About this exercise:
Please restate the data word for word, leaving out no line.

Content starts

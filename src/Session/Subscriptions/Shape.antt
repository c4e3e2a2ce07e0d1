-- ===== src/Session/Subscriptions/Shape.antt =====
-- The shape of the table of src/session/subscriptions.rs: no filter twice, and bytes that come from
-- SUBSCRIBE packets.
use traffic_director.Codec.{
  QoS, ProtocolVersion, mqtt3, mqtt5, PacketV3, SubscriptionOptions, PacketV5, MqttPacket, v3, v5,
  version_packet, CodecLib,
}
use traffic_director.Prelude.{
  ℕ, String, ◌≡◌, refl, inl, inr, none, List, [], ◌∷◌, arith, str_eq, eq_iff, Bool-cases,
}
use traffic_director.Session.Subscriptions.Table.{lookup, lookup-upsert, lookup-remove}
use traffic_director.Session.Subscriptions.{
  upsert, upsert_all, remove, remove_all, v3_options, v5_options, track, options_byte,
  Subscriptions,
}

-- No filter stands twice.
abbrev pub Distinct : Subscriptions → Type 0
Distinct [] = Unit
Distinct (e ∷ s) = (lookup s e.topic_filter ≡ none) × Distinct s

-- A byte that a SUBSCRIBE of the version can have put into the table.
abbrev pub IsOptions : {C : Type 0} → CodecLib C → ProtocolVersion → ℕ → Type 0
IsOptions lib mqtt3 b = (q : QoS) × (b ≡ lib.qos_byte q)
IsOptions lib mqtt5 b = (o : SubscriptionOptions) × (b ≡ options_byte lib o)

abbrev pub IsOf : ProtocolVersion → MqttPacket → Type 0
IsOf mqtt3 (v3 p) = Unit
IsOf mqtt5 (v5 p) = Unit
IsOf _ _ = ⊥

upsert-Distinct : (s : Subscriptions) (f : String) (o : ℕ) → Distinct s → Distinct (upsert s f o)
unfolding upsert lookup
upsert-Distinct [] f o d = (refl, tt)
upsert-Distinct (e ∷ s) f o d = ground (
  arith,
  lookup-upsert s f e.topic_filter o,
  upsert-Distinct s f o d.1,
  eq_iff e.topic_filter f,
  eq_iff f e.topic_filter,
)

remove-Distinct : (s : Subscriptions) (f : String) → Distinct s → Distinct (remove s f)
unfolding remove
remove-Distinct [] f d = tt
remove-Distinct (e ∷ s) f d =
    ground (arith, lookup-remove s f e.topic_filter, remove-Distinct s f d.1)

upsert_all-Distinct :
    (s : Subscriptions) (filters : List (String × ℕ)) → Distinct s → Distinct (upsert_all s filters)
unfolding upsert_all
upsert_all-Distinct s [] d = d
upsert_all-Distinct s ((f, o) ∷ filters) d =
    upsert_all-Distinct (upsert s f o) filters (upsert-Distinct s f o d)

remove_all-Distinct :
    (s : Subscriptions) (filters : List String) → Distinct s → Distinct (remove_all s filters)
unfolding remove_all
remove_all-Distinct s [] d = d
remove_all-Distinct s (f ∷ filters) d =
    remove_all-Distinct (remove s f) filters (remove-Distinct s f d)

module _ {C : Type 0} (lib : CodecLib C) where
  abbrev pub AllOptions : ProtocolVersion → Subscriptions → Type 0
  AllOptions ver [] = Unit
  AllOptions ver (e ∷ s) = IsOptions lib ver e.options × AllOptions ver s

  abbrev AllPairs : ProtocolVersion → List (String × ℕ) → Type 0
  AllPairs ver [] = Unit
  AllPairs ver ((f, o) ∷ filters) = IsOptions lib ver o × AllPairs ver filters

  upsert-AllOptions :
      (ver : ProtocolVersion) (s : Subscriptions) (f : String) (o : ℕ)
      → IsOptions lib ver o
      → AllOptions ver s
      → AllOptions ver (upsert s f o)
  unfolding upsert
  upsert-AllOptions ver [] f o p h = (p, tt)
  upsert-AllOptions ver (e ∷ s) f o p h = elim (Bool-cases (str_eq e.topic_filter f)) [
    | inl same ↦ rw same (p, h.1)
    | inr other ↦ rw other (h.0, upsert-AllOptions ver s f o p h.1)
  ]

  remove-AllOptions :
      (ver : ProtocolVersion) (s : Subscriptions) (f : String)
      → AllOptions ver s
      → AllOptions ver (remove s f)
  unfolding remove
  remove-AllOptions ver [] f h = tt
  remove-AllOptions ver (e ∷ s) f h = elim (Bool-cases (str_eq e.topic_filter f)) [
    | inl same ↦ rw same (remove-AllOptions ver s f h.1)
    | inr other ↦ rw other (h.0, remove-AllOptions ver s f h.1)
  ]

  upsert_all-AllOptions :
      (ver : ProtocolVersion) (s : Subscriptions) (filters : List (String × ℕ))
      → AllPairs ver filters
      → AllOptions ver s
      → AllOptions ver (upsert_all s filters)
  unfolding upsert_all
  upsert_all-AllOptions ver s [] p h = h
  upsert_all-AllOptions ver s ((f, o) ∷ filters) p h =
      upsert_all-AllOptions ver (upsert s f o) filters p.1 (upsert-AllOptions ver s f o p.0 h)

  remove_all-AllOptions :
      (ver : ProtocolVersion) (s : Subscriptions) (filters : List String)
      → AllOptions ver s
      → AllOptions ver (remove_all s filters)
  unfolding remove_all
  remove_all-AllOptions ver s [] h = h
  remove_all-AllOptions ver s (f ∷ filters) h =
      remove_all-AllOptions ver (remove s f) filters (remove-AllOptions ver s f h)

  v3_options-AllPairs : (filters : List (String × QoS)) → AllPairs mqtt3 (v3_options lib filters)
  unfolding v3_options
  v3_options-AllPairs [] = tt
  v3_options-AllPairs ((f, q) ∷ filters) = ((q, refl), v3_options-AllPairs filters)

  v5_options-AllPairs :
      (filters : List (String × SubscriptionOptions)) → AllPairs mqtt5 (v5_options lib filters)
  unfolding v5_options
  v5_options-AllPairs [] = tt
  v5_options-AllPairs ((f, o) ∷ filters) = ((o, refl), v5_options-AllPairs filters)

  -- A table without repeated filters whose bytes come from SUBSCRIBEs of the version.
  pub record IsRestorable (ver : ProtocolVersion) (s : Subscriptions) : Type 0 where
    pub distinct : Distinct s
    pub options : AllOptions ver s

  -- Tracking a packet of the session's version keeps the table valid.
  pub track-IsRestorable :
      (ver : ProtocolVersion) (s : Subscriptions) (p : MqttPacket)
      → IsOf ver p
      → IsRestorable ver s
      → IsRestorable ver (track lib s p)
  unfolding track
  track-IsRestorable mqtt3 s (v3 (PacketV3.subscribe id filters)) o v = record {
    distinct = upsert_all-Distinct s (v3_options lib filters) v.distinct;
    options =
        upsert_all-AllOptions mqtt3 s (v3_options lib filters) (v3_options-AllPairs filters)
          v.options;
  }
  track-IsRestorable mqtt5 s (v5 (PacketV5.subscribe p)) o v = record {
    distinct = upsert_all-Distinct s (v5_options lib p.topic_filters) v.distinct;
    options =
        upsert_all-AllOptions mqtt5 s (v5_options lib p.topic_filters)
          (v5_options-AllPairs p.topic_filters) v.options;
  }
  track-IsRestorable mqtt3 s (v3 (PacketV3.unsubscribe id filters)) o v = record {
    distinct = remove_all-Distinct s filters v.distinct;
    options = remove_all-AllOptions mqtt3 s filters v.options;
  }
  track-IsRestorable mqtt5 s (v5 (PacketV5.unsubscribe p)) o v = record {
    distinct = remove_all-Distinct s p.topic_filters v.distinct;
    options = remove_all-AllOptions mqtt5 s p.topic_filters v.options;
  }
  track-IsRestorable mqtt3 s (v5 p) o v = absurd o
  track-IsRestorable mqtt5 s (v3 p) o v = absurd o
  track-IsRestorable mqtt3 s (version_packet p) o v = absurd o
  track-IsRestorable mqtt5 s (version_packet p) o v = absurd o
  track-IsRestorable mqtt3 s _ o v = v
  track-IsRestorable mqtt5 s _ o v = v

Content ends

Exercise result:
filename src/Session/Subscriptions/Shape.antt
repository c4e3e2a2ce07e0d1
-- ===== src/Session/Subscriptions/Shape.antt =====
-- The shape of the table of src/session/subscriptions.rs: no filter twice, and bytes that come from
-- SUBSCRIBE packets.
use traffic_director.Codec.{
  QoS, ProtocolVersion, mqtt3, mqtt5, PacketV3, SubscriptionOptions, PacketV5, MqttPacket, v3, v5,
  version_packet, CodecLib,
}
use traffic_director.Prelude.{
  ℕ, String, ◌≡◌, refl, inl, inr, none, List, [], ◌∷◌, arith, str_eq, eq_iff, Bool-cases,
}
use traffic_director.Session.Subscriptions.Table.{lookup, lookup-upsert, lookup-remove}
use traffic_director.Session.Subscriptions.{
  upsert, upsert_all, remove, remove_all, v3_options, v5_options, track, options_byte,
  Subscriptions,
}

-- No filter stands twice.
abbrev pub Distinct : Subscriptions → Type 0
Distinct [] = Unit
Distinct (e ∷ s) = (lookup s e.topic_filter ≡ none) × Distinct s

-- A byte that a SUBSCRIBE of the version can have put into the table.
abbrev pub IsOptions : {C : Type 0} → CodecLib C → ProtocolVersion → ℕ → Type 0
IsOptions lib mqtt3 b = (q : QoS) × (b ≡ lib.qos_byte q)
IsOptions lib mqtt5 b = (o : SubscriptionOptions) × (b ≡ options_byte lib o)

abbrev pub IsOf : ProtocolVersion → MqttPacket → Type 0
IsOf mqtt3 (v3 p) = Unit
IsOf mqtt5 (v5 p) = Unit
IsOf _ _ = ⊥

upsert-Distinct : (s : Subscriptions) (f : String) (o : ℕ) → Distinct s → Distinct (upsert s f o)
unfolding upsert lookup
upsert-Distinct [] f o d = (refl, tt)
upsert-Distinct (e ∷ s) f o d = ground (
  arith,
  lookup-upsert s f e.topic_filter o,
  upsert-Distinct s f o d.1,
  eq_iff e.topic_filter f,
  eq_iff f e.topic_filter,
)

remove-Distinct : (s : Subscriptions) (f : String) → Distinct s → Distinct (remove s f)
unfolding remove
remove-Distinct [] f d = tt
remove-Distinct (e ∷ s) f d =
    ground (arith, lookup-remove s f e.topic_filter, remove-Distinct s f d.1)

upsert_all-Distinct :
    (s : Subscriptions) (filters : List (String × ℕ)) → Distinct s → Distinct (upsert_all s filters)
unfolding upsert_all
upsert_all-Distinct s [] d = d
upsert_all-Distinct s ((f, o) ∷ filters) d =
    upsert_all-Distinct (upsert s f o) filters (upsert-Distinct s f o d)

remove_all-Distinct :
    (s : Subscriptions) (filters : List String) → Distinct s → Distinct (remove_all s filters)
unfolding remove_all
remove_all-Distinct s [] d = d
remove_all-Distinct s (f ∷ filters) d =
    remove_all-Distinct (remove s f) filters (remove-Distinct s f d)

module _ {C : Type 0} (lib : CodecLib C) where
  abbrev pub AllOptions : ProtocolVersion → Subscriptions → Type 0
  AllOptions ver [] = Unit
  AllOptions ver (e ∷ s) = IsOptions lib ver e.options × AllOptions ver s

  abbrev AllPairs : ProtocolVersion → List (String × ℕ) → Type 0
  AllPairs ver [] = Unit
  AllPairs ver ((f, o) ∷ filters) = IsOptions lib ver o × AllPairs ver filters

  upsert-AllOptions :
      (ver : ProtocolVersion) (s : Subscriptions) (f : String) (o : ℕ)
      → IsOptions lib ver o
      → AllOptions ver s
      → AllOptions ver (upsert s f o)
  unfolding upsert
  upsert-AllOptions ver [] f o p h = (p, tt)
  upsert-AllOptions ver (e ∷ s) f o p h = elim (Bool-cases (str_eq e.topic_filter f)) [
    | inl same ↦ rw same (p, h.1)
    | inr other ↦ rw other (h.0, upsert-AllOptions ver s f o p h.1)
  ]

  remove-AllOptions :
      (ver : ProtocolVersion) (s : Subscriptions) (f : String)
      → AllOptions ver s
      → AllOptions ver (remove s f)
  unfolding remove
  remove-AllOptions ver [] f h = tt
  remove-AllOptions ver (e ∷ s) f h = elim (Bool-cases (str_eq e.topic_filter f)) [
    | inl same ↦ rw same (remove-AllOptions ver s f h.1)
    | inr other ↦ rw other (h.0, remove-AllOptions ver s f h.1)
  ]

  upsert_all-AllOptions :
      (ver : ProtocolVersion) (s : Subscriptions) (filters : List (String × ℕ))
      → AllPairs ver filters
      → AllOptions ver s
      → AllOptions ver (upsert_all s filters)
  unfolding upsert_all
  upsert_all-AllOptions ver s [] p h = h
  upsert_all-AllOptions ver s ((f, o) ∷ filters) p h =
      upsert_all-AllOptions ver (upsert s f o) filters p.1 (upsert-AllOptions ver s f o p.0 h)

  remove_all-AllOptions :
      (ver : ProtocolVersion) (s : Subscriptions) (filters : List String)
      → AllOptions ver s
      → AllOptions ver (remove_all s filters)
  unfolding remove_all
  remove_all-AllOptions ver s [] h = h
  remove_all-AllOptions ver s (f ∷ filters) h =
      remove_all-AllOptions ver (remove s f) filters (remove-AllOptions ver s f h)

  v3_options-AllPairs : (filters : List (String × QoS)) → AllPairs mqtt3 (v3_options lib filters)
  unfolding v3_options
  v3_options-AllPairs [] = tt
  v3_options-AllPairs ((f, q) ∷ filters) = ((q, refl), v3_options-AllPairs filters)

  v5_options-AllPairs :
      (filters : List (String × SubscriptionOptions)) → AllPairs mqtt5 (v5_options lib filters)
  unfolding v5_options
  v5_options-AllPairs [] = tt
  v5_options-AllPairs ((f, o) ∷ filters) = ((o, refl), v5_options-AllPairs filters)

  -- A table without repeated filters whose bytes come from SUBSCRIBEs of the version.
  pub record IsRestorable (ver : ProtocolVersion) (s : Subscriptions) : Type 0 where
    pub distinct : Distinct s
    pub options : AllOptions ver s

  -- Tracking a packet of the session's version keeps the table valid.
  pub track-IsRestorable :
      (ver : ProtocolVersion) (s : Subscriptions) (p : MqttPacket)
      → IsOf ver p
      → IsRestorable ver s
      → IsRestorable ver (track lib s p)
  unfolding track
  track-IsRestorable mqtt3 s (v3 (PacketV3.subscribe id filters)) o v = record {
    distinct = upsert_all-Distinct s (v3_options lib filters) v.distinct;
    options =
        upsert_all-AllOptions mqtt3 s (v3_options lib filters) (v3_options-AllPairs filters)
          v.options;
  }
  track-IsRestorable mqtt5 s (v5 (PacketV5.subscribe p)) o v = record {
    distinct = upsert_all-Distinct s (v5_options lib p.topic_filters) v.distinct;
    options =
        upsert_all-AllOptions mqtt5 s (v5_options lib p.topic_filters)
          (v5_options-AllPairs p.topic_filters) v.options;
  }
  track-IsRestorable mqtt3 s (v3 (PacketV3.unsubscribe id filters)) o v = record {
    distinct = remove_all-Distinct s filters v.distinct;
    options = remove_all-AllOptions mqtt3 s filters v.options;
  }
  track-IsRestorable mqtt5 s (v5 (PacketV5.unsubscribe p)) o v = record {
    distinct = remove_all-Distinct s p.topic_filters v.distinct;
    options = remove_all-AllOptions mqtt5 s p.topic_filters v.options;
  }
  track-IsRestorable mqtt3 s (v5 p) o v = absurd o
  track-IsRestorable mqtt5 s (v3 p) o v = absurd o
  track-IsRestorable mqtt3 s (version_packet p) o v = absurd o
  track-IsRestorable mqtt5 s (version_packet p) o v = absurd o
  track-IsRestorable mqtt3 s _ o v = v
  track-IsRestorable mqtt5 s _ o v = v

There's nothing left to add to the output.